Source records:
● ● ● ● ●

-- ===== src/Transport/Peer/Progress.antt =====
-- src/transport/p2pMeshTransport.ts: what waits on an open channel, and what is refused.
use nettprogg_vsc.Common.{
  List, [], ◌∷◌, ◌+◌, Bool, true, false, Option, none, some, ◌≡◌, refl, ◌⊎◌, inl, inr, arith,
  Bool-cases, ◌∙◌,
}
use nettprogg_vsc.Transport.Rtc.{Rtc}
use nettprogg_vsc.Transport.DataMessages.{P2PDataMessage}
use nettprogg_vsc.Transport.Peer.{
  MeshPeer, SendAttemptResult, sent, retry, failed, exceeds, is_ready, try_on, try_found,
  try_send_data_message, clear_peer_flush_timer, is_congested, flush_loop, after_attempt,
  flush_peer_queue, enqueue, send_open, send_to_peer, settle_send,
}

module _ (rtc : Rtc) where
  -- Nothing waits, or a flush is scheduled.
  abbrev pub Progresses : MeshPeer rtc → Type 0
  Progresses peer = (peer.queued_messages ≡ []) ⊎ (peer.flush_timer ≡ true)

  after_attempt-Progresses :
      (result : SendAttemptResult) (message : P2PDataMessage) (rest : List P2PDataMessage)
      (after go_on : MeshPeer rtc)
      → Progresses go_on
      → Progresses (after_attempt rtc result message rest after go_on)
  unfolding after_attempt
  after_attempt-Progresses retry message rest after go_on p = inr refl
  after_attempt-Progresses failed message rest after go_on p = p
  after_attempt-Progresses sent message rest after go_on p =
      elim (Bool-cases (is_congested rtc after)) [ inl e ↦ rw e (inr refl) | inr e ↦ rw e p ]

  flush_loop-Progresses :
      (messages : List P2PDataMessage) (peer : MeshPeer rtc)
      → Progresses (flush_loop rtc messages peer)
  unfolding flush_loop
  flush_loop-Progresses [] peer = inl refl
  flush_loop-Progresses (message ∷ rest) peer =
      let r = try_send_data_message rtc peer message in
      after_attempt-Progresses r.0 message rest r.1 (flush_loop rtc rest r.1)
        (flush_loop-Progresses rest r.1)

  flush_peer_queue-Progresses :
      (peer : MeshPeer rtc) → is_ready rtc peer ≡ true → Progresses (flush_peer_queue rtc peer)
  unfolding flush_peer_queue
  flush_peer_queue-Progresses peer ready =
      rw ready (flush_loop-Progresses peer.queued_messages (clear_peer_flush_timer rtc peer))

  settle_send-Progresses :
      (result : SendAttemptResult) (message : P2PDataMessage) (after : MeshPeer rtc)
      → after.queued_messages ≡ []
      → Progresses (settle_send rtc result message after).1
  unfolding settle_send
  settle_send-Progresses sent message after e = inl e
  settle_send-Progresses retry message after e = inr refl
  settle_send-Progresses failed message after e = inl e

  try_send_queue :
      (peer : MeshPeer rtc) (message : P2PDataMessage)
      → (try_send_data_message rtc peer message).1.queued_messages ≡ peer.queued_messages
  unfolding try_send_data_message try_found try_on
  try_send_queue peer message = ground arith

  send_open-Progresses :
      (queued : List P2PDataMessage) (peer : MeshPeer rtc) (message : P2PDataMessage)
      → peer.queued_messages ≡ queued
      → is_ready rtc peer ≡ true
      → Progresses (send_open rtc queued peer message).1
  unfolding send_open
  send_open-Progresses [] peer message e ready =
      let r = try_send_data_message rtc peer message in
      settle_send-Progresses r.0 message r.1 (try_send_queue peer message ∙ e)
  send_open-Progresses (first ∷ rest) peer message e ready =
      flush_peer_queue-Progresses (enqueue rtc peer message) ready

  -- After a message is sent to a peer whose channel is open, either nothing waits in the peer's
  -- queue or its next flush is scheduled.
  pub send_to_peer-Progresses :
      (peer : MeshPeer rtc) (message : P2PDataMessage)
      → is_ready rtc peer ≡ true
      → Progresses (send_to_peer rtc peer message).1
  unfolding send_to_peer
  send_to_peer-Progresses peer message ready =
      rw ready (send_open-Progresses peer.queued_messages peer message refl ready)

  abbrev pub IsRefused : MeshPeer rtc → P2PDataMessage → Bool × MeshPeer rtc → Type 0
  IsRefused peer message r =
      (channel : rtc.Channel) × (peer.data_channel ≡ some channel)
      × (exceeds rtc (rtc.max_message_size channel) message ≡ true)
      × (peer.queued_messages ≡ [])
      × (r.1 ≡ record peer { too_large = peer.too_large + 1 })

  settle_found_refusal :
      (peer : MeshPeer rtc) (channel : Option rtc.Channel) (message : P2PDataMessage)
      → peer.data_channel ≡ channel
      → peer.queued_messages ≡ []
      → let r = try_found rtc channel peer message in
        (settle_send rtc r.0 message r.1).0 ≡ false
        → IsRefused peer message (settle_send rtc r.0 message r.1)
  unfolding settle_send try_found try_on
  settle_found_refusal peer none message e q h = cc
  settle_found_refusal peer (some channel) message e q h =
      elim (Bool-cases (exceeds rtc (rtc.max_message_size channel) message)) [
        | inl large ↦ (channel, e, large, q, rw large)
        | inr small ↦ ground arith
      ]

  send_open_refusal :
      (queued : List P2PDataMessage) (peer : MeshPeer rtc) (message : P2PDataMessage)
      → peer.queued_messages ≡ queued
      → is_ready rtc peer ≡ true
      → (send_open rtc queued peer message).0 ≡ false
      → IsRefused peer message (send_open rtc queued peer message)
  unfolding send_open try_send_data_message
  send_open_refusal [] peer message e ready h = rw ready (
      settle_found_refusal peer peer.data_channel message refl e
        (rw (ready, send_open, try_send_data_message) at h))
  send_open_refusal (first ∷ rest) peer message e ready h = cc

  -- Sending is reported as failed only where the message is above the limit of the peer's channel;
  -- nothing waits in the queue then, and all that changes is that the error is reported once.
  pub send_to_peer_refusal :
      (peer : MeshPeer rtc) (message : P2PDataMessage)
      → (send_to_peer rtc peer message).0 ≡ false
      → IsRefused peer message (send_to_peer rtc peer message)
  unfolding send_to_peer
  send_to_peer_refusal peer message h = elim (Bool-cases (is_ready rtc peer)) [
    | inl ready ↦
        rw ready (send_open_refusal peer.queued_messages peer message refl ready (rw ready at h))
    | inr unready ↦ let bad : true ≡ false = rw unready at h in cc
  ]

● ● ● ● ●

» **Description of the task**
A word-for-word copy of the data is the expected answer.

» **Answer for the task**
-- ===== src/Transport/Peer/Progress.antt =====
-- src/transport/p2pMeshTransport.ts: what waits on an open channel, and what is refused.
use nettprogg_vsc.Common.{
  List, [], ◌∷◌, ◌+◌, Bool, true, false, Option, none, some, ◌≡◌, refl, ◌⊎◌, inl, inr, arith,
  Bool-cases, ◌∙◌,
}
use nettprogg_vsc.Transport.Rtc.{Rtc}
use nettprogg_vsc.Transport.DataMessages.{P2PDataMessage}
use nettprogg_vsc.Transport.Peer.{
  MeshPeer, SendAttemptResult, sent, retry, failed, exceeds, is_ready, try_on, try_found,
  try_send_data_message, clear_peer_flush_timer, is_congested, flush_loop, after_attempt,
  flush_peer_queue, enqueue, send_open, send_to_peer, settle_send,
}

module _ (rtc : Rtc) where
  -- Nothing waits, or a flush is scheduled.
  abbrev pub Progresses : MeshPeer rtc → Type 0
  Progresses peer = (peer.queued_messages ≡ []) ⊎ (peer.flush_timer ≡ true)

  after_attempt-Progresses :
      (result : SendAttemptResult) (message : P2PDataMessage) (rest : List P2PDataMessage)
      (after go_on : MeshPeer rtc)
      → Progresses go_on
      → Progresses (after_attempt rtc result message rest after go_on)
  unfolding after_attempt
  after_attempt-Progresses retry message rest after go_on p = inr refl
  after_attempt-Progresses failed message rest after go_on p = p
  after_attempt-Progresses sent message rest after go_on p =
      elim (Bool-cases (is_congested rtc after)) [ inl e ↦ rw e (inr refl) | inr e ↦ rw e p ]

  flush_loop-Progresses :
      (messages : List P2PDataMessage) (peer : MeshPeer rtc)
      → Progresses (flush_loop rtc messages peer)
  unfolding flush_loop
  flush_loop-Progresses [] peer = inl refl
  flush_loop-Progresses (message ∷ rest) peer =
      let r = try_send_data_message rtc peer message in
      after_attempt-Progresses r.0 message rest r.1 (flush_loop rtc rest r.1)
        (flush_loop-Progresses rest r.1)

  flush_peer_queue-Progresses :
      (peer : MeshPeer rtc) → is_ready rtc peer ≡ true → Progresses (flush_peer_queue rtc peer)
  unfolding flush_peer_queue
  flush_peer_queue-Progresses peer ready =
      rw ready (flush_loop-Progresses peer.queued_messages (clear_peer_flush_timer rtc peer))

  settle_send-Progresses :
      (result : SendAttemptResult) (message : P2PDataMessage) (after : MeshPeer rtc)
      → after.queued_messages ≡ []
      → Progresses (settle_send rtc result message after).1
  unfolding settle_send
  settle_send-Progresses sent message after e = inl e
  settle_send-Progresses retry message after e = inr refl
  settle_send-Progresses failed message after e = inl e

  try_send_queue :
      (peer : MeshPeer rtc) (message : P2PDataMessage)
      → (try_send_data_message rtc peer message).1.queued_messages ≡ peer.queued_messages
  unfolding try_send_data_message try_found try_on
  try_send_queue peer message = ground arith

  send_open-Progresses :
      (queued : List P2PDataMessage) (peer : MeshPeer rtc) (message : P2PDataMessage)
      → peer.queued_messages ≡ queued
      → is_ready rtc peer ≡ true
      → Progresses (send_open rtc queued peer message).1
  unfolding send_open
  send_open-Progresses [] peer message e ready =
      let r = try_send_data_message rtc peer message in
      settle_send-Progresses r.0 message r.1 (try_send_queue peer message ∙ e)
  send_open-Progresses (first ∷ rest) peer message e ready =
      flush_peer_queue-Progresses (enqueue rtc peer message) ready

  -- After a message is sent to a peer whose channel is open, either nothing waits in the peer's
  -- queue or its next flush is scheduled.
  pub send_to_peer-Progresses :
      (peer : MeshPeer rtc) (message : P2PDataMessage)
      → is_ready rtc peer ≡ true
      → Progresses (send_to_peer rtc peer message).1
  unfolding send_to_peer
  send_to_peer-Progresses peer message ready =
      rw ready (send_open-Progresses peer.queued_messages peer message refl ready)

  abbrev pub IsRefused : MeshPeer rtc → P2PDataMessage → Bool × MeshPeer rtc → Type 0
  IsRefused peer message r =
      (channel : rtc.Channel) × (peer.data_channel ≡ some channel)
      × (exceeds rtc (rtc.max_message_size channel) message ≡ true)
      × (peer.queued_messages ≡ [])
      × (r.1 ≡ record peer { too_large = peer.too_large + 1 })

  settle_found_refusal :
      (peer : MeshPeer rtc) (channel : Option rtc.Channel) (message : P2PDataMessage)
      → peer.data_channel ≡ channel
      → peer.queued_messages ≡ []
      → let r = try_found rtc channel peer message in
        (settle_send rtc r.0 message r.1).0 ≡ false
        → IsRefused peer message (settle_send rtc r.0 message r.1)
  unfolding settle_send try_found try_on
  settle_found_refusal peer none message e q h = cc
  settle_found_refusal peer (some channel) message e q h =
      elim (Bool-cases (exceeds rtc (rtc.max_message_size channel) message)) [
        | inl large ↦ (channel, e, large, q, rw large)
        | inr small ↦ ground arith
      ]

  send_open_refusal :
      (queued : List P2PDataMessage) (peer : MeshPeer rtc) (message : P2PDataMessage)
      → peer.queued_messages ≡ queued
      → is_ready rtc peer ≡ true
      → (send_open rtc queued peer message).0 ≡ false
      → IsRefused peer message (send_open rtc queued peer message)
  unfolding send_open try_send_data_message
  send_open_refusal [] peer message e ready h = rw ready (
      settle_found_refusal peer peer.data_channel message refl e
        (rw (ready, send_open, try_send_data_message) at h))
  send_open_refusal (first ∷ rest) peer message e ready h = cc

  -- Sending is reported as failed only where the message is above the limit of the peer's channel;
  -- nothing waits in the queue then, and all that changes is that the error is reported once.
  pub send_to_peer_refusal :
      (peer : MeshPeer rtc) (message : P2PDataMessage)
      → (send_to_peer rtc peer message).0 ≡ false
      → IsRefused peer message (send_to_peer rtc peer message)
  unfolding send_to_peer
  send_to_peer_refusal peer message h = elim (Bool-cases (is_ready rtc peer)) [
    | inl ready ↦
        rw ready (send_open_refusal peer.queued_messages peer message refl ready (rw ready at h))
    | inr unready ↦ let bad : true ≡ false = rw unready at h in cc
  ]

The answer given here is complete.